I have had a similar problem with some Intel 660p SSDs, (not with a Framework, I’m on Batch 2 for the 12th gen) and I’ve had to relegate them to non-boot drives as a result.

Is there perhaps a way to tune the kernel to have a much longer timeout on the drive?

Chris_Lane · May 21, 2022, 6:09am

Thanks for the suggestions. I will see if I can work out a way to get the firmware updated on the drive.

Fraoch · May 21, 2022, 4:08pm

I’m not sure - that would be good, wouldn’t it?

How the OS behaves when a drive goes “bad” is set in /etc/fstab. I wonder if a time delay can be set here, but I think fstab dictates how the drive is handled on boot.

Ranko_Kohime · May 21, 2022, 6:55pm

I was under the impression that systemd is Borg’ing the fstab.

Semi-jokes aside, I was also under the impression that the fstab only deals with mounts, and not the block devices they come from. The actual block device is disappearing in my case.

Fraoch · May 21, 2022, 8:20pm

I wouldn’t doubt that systemd can/will/does override fstab. I haven’t seen it yet though, when I make changes to fstab, it does work.

You’re right though, it only uses fstab for mounting - so only on boot or only when the drive is mounted. And yes, not on block devices, only on partitions/UUIDs.

So it’ll have to be something else. Hopefully someone else chimes in, I’m not enough of a Linux expert to go further, sorry.

Chris_Lane · June 6, 2022, 7:40pm

Just to add that I managed to update the drive firmware after booting from Windows on another drive - but the issue is still repeating, same as before.

Anil_Kulkarni · October 10, 2022, 3:06am

I am also seeing this now on my machine. I rolled back my installation to ~1 week ago and it seems to be stable so far, interestingly. I plan on leaving the system as-is for a few days to confirm, then I’ll re-apply updates and see what happens

Lyndon_Sanche · April 21, 2023, 9:53pm

This is an error I am coming across ever since upgrading my Dell XPS 9560 with a 2TB WD_BLACK SN770 SSD. But somehow it seems the issue has been becoming far more frequent the past few weeks.

I have updated the firmware through windows-to-go but the issue still occurs. Current revision is on 731100WD. This issue did not occur with the stock SSD included with the laptop.

I have the same exact model of SSD in my desktop (ASUS X570) and this error does not surface. I have gotten the SSD tested at my local computer store and they cannot find anything wrong with it. They are likely using windows testbeds which maybe this issue will not surface on.

Apologies if this reply is not appropriate since I do not have a framework laptop to test this on, but it seems like this is a common issue with Linux and certain combinations of motherboard and ssd model. I have tried the pcie_aspm=off and nvme_core=... settings but the problem is not solved. I have even tried downgrading my bios. I am hoping for a fix.

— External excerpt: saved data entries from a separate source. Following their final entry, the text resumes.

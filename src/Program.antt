-- ===== src/Program.antt =====
-- crates/logiksmith-core/src/program.rs: source programs, their revision, and the error types.
-- A message that the source formats is modelled by a constructor that carries what it prints.
use logik_smith.Prelude.{ℕ, ◌*◌, ◌%◌, ◌^◌, Option, none, List, [], ◌∷◌, bit_xor}
use logik_smith.Prelude.Int.{ℤ}
use logik_smith.Text.{Text, as_bytes}
use logik_smith.Identifiers.{EndpointName, EndpointNameError}
use logik_smith.Values.{Dpt, EndpointDirection, ValueError, MonotonicMs}

abbrev pub LogicRevision : Type 0
LogicRevision = ℕ

abbrev pub TimerName : Type 0
TimerName = Text

pub record LogicProgram : Type 0 where
  pub source : Text
  pub revision : LogicRevision

-- The loop of FNV-1a over the bytes of the source.
unfoldable pub fnv_bytes : ℕ → List ℕ → ℕ
fnv_bytes hash [] = hash
fnv_bytes hash (byte ∷ bytes) = fnv_bytes ((bit_xor hash byte * 0x100000001b3) % 2 ^ 64) bytes

unfoldable pub revision_for : Text → LogicRevision
unfolding fnv_bytes
revision_for source = fnv_bytes 0xcbf29ce484222325 (as_bytes source)

-- `LogicProgram::new`
unfoldable pub new_program : Text → LogicProgram
new_program source = record { source = source; revision = revision_for source }

pub data LogicErrorKind : Type 0 where
  syntax load runtime instruction_limit memory_limit handler_time_limit invalid_result :
      LogicErrorKind

-- What `LuaValue::type_name` prints.
pub data LuaType : Type 0 where
  nil_type boolean_type integer_type number_type string_type table_type other_type : LuaType

pub data StateError : Type 0 where
  too_many_entries : (actual maximum : ℕ) → StateError
  key_too_large : (key : Text) (actual maximum : ℕ) → StateError
  empty_key : StateError
  string_too_large : (key : Text) (actual maximum : ℕ) → StateError
  total_too_large : (actual maximum : ℕ) → StateError
  non_finite_number : (key : Text) → StateError

pub data Message : Type 0 where
  -- a text that the Lua interpreter or `map_lua_error` produced
  vm_message : Text → Message
  revision_mismatch : Message
  two_results result_field_not_utf8 state_key_not_utf8 output_name_not_utf8 : Message
  timer_name_not_utf8 duration_out_of_range : Message
  result_wrong_type result_key_type state_key_type output_name_type timer_name_type :
      LuaType → Message
  duration_wrong_type : LuaType → Message
  unsupported_field duplicate_field state_key_twice unknown_output output_twice : Text → Message
  state_not_finite state_not_utf8 timer_field_not_utf8 timer_duplicate_after : Text → Message
  timer_requires_after timer_overflow : Text → Message
  field_not_table state_wrong_type output_expects_boolean output_expects_percentage :
      Text → LuaType → Message
  output_expects_temperature timer_field_type timer_wrong_type : Text → LuaType → Message
  state_invalid : StateError → Message
  state_patch_too_large : (actual maximum : ℕ) → Message
  percentage_out_of_range : Text → ℤ → Message
  percentage_not_finite percentage_not_integer : Text → ℕ → Message
  temperature_invalid : Text → ValueError → Message
  output_unsupported_dpt : Text → Dpt → Message
  invalid_timer_name : Text → EndpointNameError → Message
  timer_unknown_field : Text → Text → Message
  too_many_timer_effects too_many_pending_timers too_many_outputs too_many_effects : ℕ → Message

pub data LogicError : Type 0 where
  empty_source : LogicError
  source_too_large : (actual maximum : ℕ) → LogicError
  failed : LogicErrorKind → Message → Option ℕ → LogicError

-- `LogicError::InvalidResult { message, line: None }`
abbrev pub invalid : Message → LogicError
invalid message = failed invalid_result message none

-- `LogicError::kind`
unfoldable pub kind : LogicError → LogicErrorKind
kind empty_source = load
kind (source_too_large actual maximum) = load
kind (failed k message line) = k

pub data ConfigError : Type 0 where
  too_many_endpoints : (actual maximum : ℕ) → ConfigError
  duplicate_endpoint : EndpointName → ConfigError
  unsupported_endpoint_dpt : EndpointName → Dpt → ConfigError
  invalid_logic : LogicError → ConfigError

-- `panicked` is no constructor of the source: it stands for the panic of an `expect`.
pub data EventError : Type 0 where
  unknown_endpoint : EndpointName → EventError
  endpoint_not_input : EndpointName → EndpointDirection → EventError
  dpt_mismatch : EndpointName → (expected actual : Dpt) → EventError
  time_went_backwards : (previous current : MonotonicMs) → EventError
  stale_timer : TimerName → (scheduled active : LogicRevision) → EventError
  panicked : EventError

Running NixOS unstable with Linux 6.2.11

Anachron · April 23, 2023, 5:15am

@Lyndon_Sanche from my experience this is caused by a bad nvme drive, RMA it if still possible.

Lyndon_Sanche · April 23, 2023, 12:58pm

@Anachron honestly that’s what I was hoping for.

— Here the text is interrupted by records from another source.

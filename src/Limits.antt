-- ===== src/Limits.antt =====
-- crates/logiksmith-core/src/limits.rs: the runtime budgets and the two named profiles.
use logik_smith.Prelude.{ℕ, ◌*◌, Option, none, some}

pub record RuntimeLimits : Type 0 where
  pub max_logic_blocks : ℕ
  pub max_signals : ℕ
  pub max_signal_bindings : ℕ
  pub max_endpoints_per_block : ℕ
  pub max_schedules_per_block : ℕ
  pub max_logic_source_bytes_per_block : ℕ
  pub max_logic_source_bytes_total : ℕ
  pub max_logic_instructions : ℕ
  pub max_logic_memory_bytes : ℕ
  pub logic_handler_time_budget_ms : Option ℕ
  pub signal_cascade_time_budget_ms : Option ℕ
  pub openknx_loop_warning_threshold_ms : Option ℕ
  pub max_state_entries_per_block : ℕ
  pub max_state_bytes_per_block : ℕ
  pub max_state_bytes_total : ℕ
  pub max_pending_timers_per_block : ℕ
  pub max_pending_timers_total : ℕ
  pub max_output_effects_per_execution : ℕ
  pub max_timer_effects_per_execution : ℕ
  pub max_state_patch_entries_per_execution : ℕ
  pub max_combined_effects_per_execution : ℕ
  pub max_cascade_executions : ℕ
  pub max_live_executions_per_block_per_second : ℕ

pub data RuntimeProfile : Type 0 where
  desktop_profile embedded_baseline_profile : RuntimeProfile

-- `RuntimeProfile::limits`
abbrev pub limits : RuntimeProfile → RuntimeLimits
limits desktop_profile = record {
  max_logic_blocks = 64;
  max_signals = 256;
  max_signal_bindings = 256;
  max_endpoints_per_block = 128;
  max_schedules_per_block = 32;
  max_logic_source_bytes_per_block = 64 * 1024;
  max_logic_source_bytes_total = 1024 * 1024;
  max_logic_instructions = 100_000;
  max_logic_memory_bytes = 1024 * 1024;
  logic_handler_time_budget_ms = none;
  signal_cascade_time_budget_ms = none;
  openknx_loop_warning_threshold_ms = none;
  max_state_entries_per_block = 64;
  max_state_bytes_per_block = 16 * 1024;
  max_state_bytes_total = 512 * 1024;
  max_pending_timers_per_block = 32;
  max_pending_timers_total = 512;
  max_output_effects_per_execution = 64;
  max_timer_effects_per_execution = 32;
  max_state_patch_entries_per_execution = 64;
  max_combined_effects_per_execution = 128;
  max_cascade_executions = 256;
  max_live_executions_per_block_per_second = 128;
}
limits embedded_baseline_profile = record {
  max_logic_blocks = 32;
  max_signals = 64;
  max_signal_bindings = 128;
  max_endpoints_per_block = 32;
  max_schedules_per_block = 8;
  max_logic_source_bytes_per_block = 8 * 1024;
  max_logic_source_bytes_total = 128 * 1024;
  max_logic_instructions = 25_000;
  max_logic_memory_bytes = 128 * 1024;
  logic_handler_time_budget_ms = some 3;
  signal_cascade_time_budget_ms = some 4;
  openknx_loop_warning_threshold_ms = some 7;
  max_state_entries_per_block = 16;
  max_state_bytes_per_block = 2 * 1024;
  max_state_bytes_total = 32 * 1024;
  max_pending_timers_per_block = 8;
  max_pending_timers_total = 64;
  max_output_effects_per_execution = 16;
  max_timer_effects_per_execution = 8;
  max_state_patch_entries_per_execution = 16;
  max_combined_effects_per_execution = 32;
  max_cascade_executions = 64;
  max_live_executions_per_block_per_second = 32;
}

abbrev pub desktop : RuntimeLimits
desktop = limits desktop_profile

abbrev pub embedded_baseline : RuntimeLimits
embedded_baseline = limits embedded_baseline_profile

I took it to my local computer store as they have an in store rma/swap service that I paid for when I bought the drive. They ran a bunch of tests and couldn’t find anything wrong with it.

It’s outside of the normal exchange window unfortunately.

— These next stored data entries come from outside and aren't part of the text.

-- ===== src/State.antt =====
-- crates/logiksmith-core/src/state.rs: the transient state of a block, its validation and merge.
pub mod Bounds
use logik_smith.Prelude.{
  ℕ, ◌+◌, ◌-◌, ◌^◌, Bool, List, [], ◌∷◌, ltb, if◌then◌else◌, not, min, length,
}
use logik_smith.Prelude.Order.{list_ord, nat_ord}
use logik_smith.Prelude.Result.{Result, ok, err, ◌>>=◌, ◌>>◌, reject}
use logik_smith.Prelude.Int.{ℤ}
use logik_smith.BTreeMap.{BTreeMap, len, extend}
use logik_smith.Text.{Text, byte_len}
use logik_smith.Limits.{RuntimeLimits}
use logik_smith.Values.{is_finite}
use logik_smith.Program.{
  StateError, too_many_entries, key_too_large, empty_key, string_too_large, total_too_large,
  non_finite_number,
}

-- A float is its 64-bit pattern.
pub data StateValue : Type 0 where
  boolean : Bool → StateValue
  integer : ℤ → StateValue
  number : ℕ → StateValue
  string : Text → StateValue

abbrev pub TransientState : Type 0
TransientState = BTreeMap Text StateValue

abbrev pub StatePatch : Type 0
StatePatch = BTreeMap Text StateValue

abbrev pub max_state_key_bytes : ℕ
max_state_key_bytes = 64

abbrev pub max_state_string_bytes : ℕ
max_state_string_bytes = 1024

-- The match on the value in `validate_state_entry`.
check_state_value : Text → StateValue → Result StateError (Unit {0})
check_state_value key (string value) =
    if ltb max_state_string_bytes (byte_len value)
    then err (string_too_large key (byte_len value) max_state_string_bytes)
    else ok tt
check_state_value key (number value) =
    if not (is_finite value) then err (non_finite_number key) else ok tt
check_state_value key (boolean value) = ok tt
check_state_value key (integer value) = ok tt

unfoldable pub validate_state_entry : Text → StateValue → Result StateError (Unit {0})
unfolding check_state_value
validate_state_entry [] value = err empty_key
validate_state_entry (c ∷ cs) value =
    if ltb max_state_key_bytes (byte_len (c ∷ cs))
    then err (key_too_large (c ∷ cs) (byte_len (c ∷ cs)) max_state_key_bytes)
    else check_state_value (c ∷ cs) value

-- `usize::saturating_add`, of 64 bits.
abbrev pub saturating_add : ℕ → ℕ → ℕ
saturating_add a b = min (a + b) (2 ^ 64 - 1)

-- What a value adds to the total beside its key.
abbrev pub string_bytes : StateValue → ℕ
string_bytes (string value) = byte_len value
string_bytes (boolean value) = 0
string_bytes (integer value) = 0
string_bytes (number value) = 0

-- The additions of one round of the loop.
add_entry : ℕ → Text → StateValue → ℕ
add_entry total key (string value) =
    saturating_add (saturating_add total (byte_len key)) (byte_len value)
add_entry total key (boolean value) = saturating_add total (byte_len key)
add_entry total key (integer value) = saturating_add total (byte_len key)
add_entry total key (number value) = saturating_add total (byte_len key)

-- The loop over the entries, from the total of those before.
unfoldable pub total_bytes : ℕ → TransientState → Result StateError ℕ
unfolding add_entry
total_bytes total [] = ok total
total_bytes total ((key, value) ∷ rest) =
    validate_state_entry key value >>= λ _. total_bytes (add_entry total key value) rest

unfoldable pub validate_state_map_with_limits :
    TransientState → RuntimeLimits → Result StateError (Unit {0})
validate_state_map_with_limits state limits = do
  reject (ltb limits.max_state_entries_per_block (len state))
      (too_many_entries (len state) limits.max_state_entries_per_block)
  total ← total_bytes 0 state
  reject (ltb limits.max_state_bytes_per_block total)
      (total_too_large total limits.max_state_bytes_per_block)

unfoldable pub merge_state_with_limits :
    TransientState → StatePatch → RuntimeLimits → Result StateError TransientState
merge_state_with_limits current patch limits =
    let merged = extend current patch in
    validate_state_map_with_limits merged limits >>= λ _. ok merged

Anachron · April 23, 2023, 2:45pm

Sure, depending on what kind of tests they ran they don’t neccessary need to be able to trigger it themselves. Did you ask them if they were able to reproduce the issue on Linux?

What I can believe is that Windows and MacOS behave differently if the controller shuts down/is unresponsive. Maybe Windows/MacOS wait longer for it to respond and that is actually what needs to happen, because the NVME controller needs more time to reset/respond.

Either way, this shouldn’t happen with a working/functional NVME drive.

My advice: Get a new one and check whether the same thing happens. Get one from a different vendor and model too, to make sure we’re not hit by a bad batch of production.

Also, why would you live with this issue so long that you are out of warranty with this still being triggered? I would have requested a new drive much earlier, this issue renders the drive unuseful.

Lyndon_Sanche · April 23, 2023, 4:20pm

Might try that. I also have the same exact model in my desktop, not exhibiting these problems. I could try swapping them.

The things is, when I first got the drive, my laptop would intermittently freeze while booting, not very often. So I just thought, oh that’s weird, then moved along.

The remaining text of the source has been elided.